**PROMPT**
Lines of the data that contain the word "record" are the ones to copy.

**STORED DATA**
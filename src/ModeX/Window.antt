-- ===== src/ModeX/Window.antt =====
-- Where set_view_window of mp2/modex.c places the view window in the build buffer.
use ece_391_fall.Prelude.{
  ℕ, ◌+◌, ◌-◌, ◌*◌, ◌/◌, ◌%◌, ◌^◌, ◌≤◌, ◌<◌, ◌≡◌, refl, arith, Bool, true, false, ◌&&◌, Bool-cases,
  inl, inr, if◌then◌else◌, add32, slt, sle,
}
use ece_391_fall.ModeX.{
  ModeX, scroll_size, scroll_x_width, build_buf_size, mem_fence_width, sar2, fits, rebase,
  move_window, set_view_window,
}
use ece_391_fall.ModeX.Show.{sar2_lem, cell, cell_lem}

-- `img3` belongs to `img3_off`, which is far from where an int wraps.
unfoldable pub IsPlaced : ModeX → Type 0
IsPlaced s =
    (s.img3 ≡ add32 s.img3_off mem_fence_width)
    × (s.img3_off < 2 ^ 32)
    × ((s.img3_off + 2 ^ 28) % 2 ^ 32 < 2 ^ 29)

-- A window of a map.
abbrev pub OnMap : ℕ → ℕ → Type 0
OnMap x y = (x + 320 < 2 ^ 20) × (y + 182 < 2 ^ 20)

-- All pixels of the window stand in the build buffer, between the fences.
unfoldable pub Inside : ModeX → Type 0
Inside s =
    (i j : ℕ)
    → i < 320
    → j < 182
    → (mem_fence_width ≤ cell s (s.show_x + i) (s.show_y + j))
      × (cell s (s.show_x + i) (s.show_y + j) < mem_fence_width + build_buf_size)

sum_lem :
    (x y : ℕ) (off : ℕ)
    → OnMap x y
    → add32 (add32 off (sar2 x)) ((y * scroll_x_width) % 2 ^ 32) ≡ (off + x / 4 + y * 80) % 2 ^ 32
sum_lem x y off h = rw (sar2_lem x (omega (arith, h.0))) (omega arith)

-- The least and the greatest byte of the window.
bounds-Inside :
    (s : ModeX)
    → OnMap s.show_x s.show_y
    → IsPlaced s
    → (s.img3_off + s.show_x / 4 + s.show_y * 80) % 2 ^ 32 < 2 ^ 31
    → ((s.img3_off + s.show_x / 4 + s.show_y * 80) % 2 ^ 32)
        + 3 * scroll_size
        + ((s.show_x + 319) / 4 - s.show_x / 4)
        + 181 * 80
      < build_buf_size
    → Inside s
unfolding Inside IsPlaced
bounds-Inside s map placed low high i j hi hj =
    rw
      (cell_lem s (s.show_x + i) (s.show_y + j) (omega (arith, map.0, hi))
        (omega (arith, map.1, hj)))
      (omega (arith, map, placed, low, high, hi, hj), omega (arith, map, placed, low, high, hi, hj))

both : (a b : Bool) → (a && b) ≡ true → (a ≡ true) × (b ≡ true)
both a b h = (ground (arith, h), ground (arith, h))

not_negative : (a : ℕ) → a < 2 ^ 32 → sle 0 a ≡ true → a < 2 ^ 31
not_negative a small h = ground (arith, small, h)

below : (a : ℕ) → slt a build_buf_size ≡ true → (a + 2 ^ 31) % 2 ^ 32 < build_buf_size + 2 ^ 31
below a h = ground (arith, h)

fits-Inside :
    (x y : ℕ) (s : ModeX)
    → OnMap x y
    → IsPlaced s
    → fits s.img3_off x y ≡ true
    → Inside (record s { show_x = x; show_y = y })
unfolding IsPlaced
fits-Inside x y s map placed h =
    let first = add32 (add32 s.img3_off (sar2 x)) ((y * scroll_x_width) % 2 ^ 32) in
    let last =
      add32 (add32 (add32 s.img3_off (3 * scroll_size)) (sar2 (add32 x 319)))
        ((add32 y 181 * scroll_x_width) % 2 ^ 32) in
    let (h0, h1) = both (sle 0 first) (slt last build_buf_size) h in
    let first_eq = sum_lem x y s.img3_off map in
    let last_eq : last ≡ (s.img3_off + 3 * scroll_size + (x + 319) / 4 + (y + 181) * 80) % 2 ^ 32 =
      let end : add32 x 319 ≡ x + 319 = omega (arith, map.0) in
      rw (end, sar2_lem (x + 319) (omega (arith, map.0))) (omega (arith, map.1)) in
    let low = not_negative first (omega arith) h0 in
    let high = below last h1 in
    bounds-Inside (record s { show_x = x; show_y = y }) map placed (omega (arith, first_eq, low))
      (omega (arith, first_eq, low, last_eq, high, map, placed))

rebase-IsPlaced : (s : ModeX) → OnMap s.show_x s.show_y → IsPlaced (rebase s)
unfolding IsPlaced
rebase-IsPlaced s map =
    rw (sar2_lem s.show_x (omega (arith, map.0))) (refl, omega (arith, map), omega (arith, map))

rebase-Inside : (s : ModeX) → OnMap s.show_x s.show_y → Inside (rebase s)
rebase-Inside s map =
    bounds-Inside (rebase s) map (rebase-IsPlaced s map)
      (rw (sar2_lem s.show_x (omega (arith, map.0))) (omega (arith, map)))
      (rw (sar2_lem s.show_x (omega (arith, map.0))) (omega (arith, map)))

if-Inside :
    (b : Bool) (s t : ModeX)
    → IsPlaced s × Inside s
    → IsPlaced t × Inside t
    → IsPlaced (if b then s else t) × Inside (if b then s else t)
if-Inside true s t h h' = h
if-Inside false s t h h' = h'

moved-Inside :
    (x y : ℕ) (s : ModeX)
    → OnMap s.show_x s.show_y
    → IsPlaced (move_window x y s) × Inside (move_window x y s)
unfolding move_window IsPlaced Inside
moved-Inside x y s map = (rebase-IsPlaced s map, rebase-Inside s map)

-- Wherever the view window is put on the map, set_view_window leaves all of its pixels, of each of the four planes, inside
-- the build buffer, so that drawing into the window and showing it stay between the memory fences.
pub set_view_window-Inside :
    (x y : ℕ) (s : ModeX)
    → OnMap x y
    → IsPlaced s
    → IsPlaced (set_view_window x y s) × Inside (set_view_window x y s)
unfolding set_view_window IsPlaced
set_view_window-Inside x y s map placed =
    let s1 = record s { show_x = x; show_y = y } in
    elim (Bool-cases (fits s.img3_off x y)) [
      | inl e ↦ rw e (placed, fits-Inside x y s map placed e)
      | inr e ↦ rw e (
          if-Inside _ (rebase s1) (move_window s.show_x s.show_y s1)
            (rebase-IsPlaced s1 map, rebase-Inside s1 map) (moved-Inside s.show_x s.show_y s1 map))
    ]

**EXPECTED ANSWER**
    → Inside (record s { show_x = x; show_y = y })
    bounds-Inside (record s { show_x = x; show_y = y }) map placed (omega (arith, first_eq, low))
    let s1 = record s { show_x = x; show_y = y } in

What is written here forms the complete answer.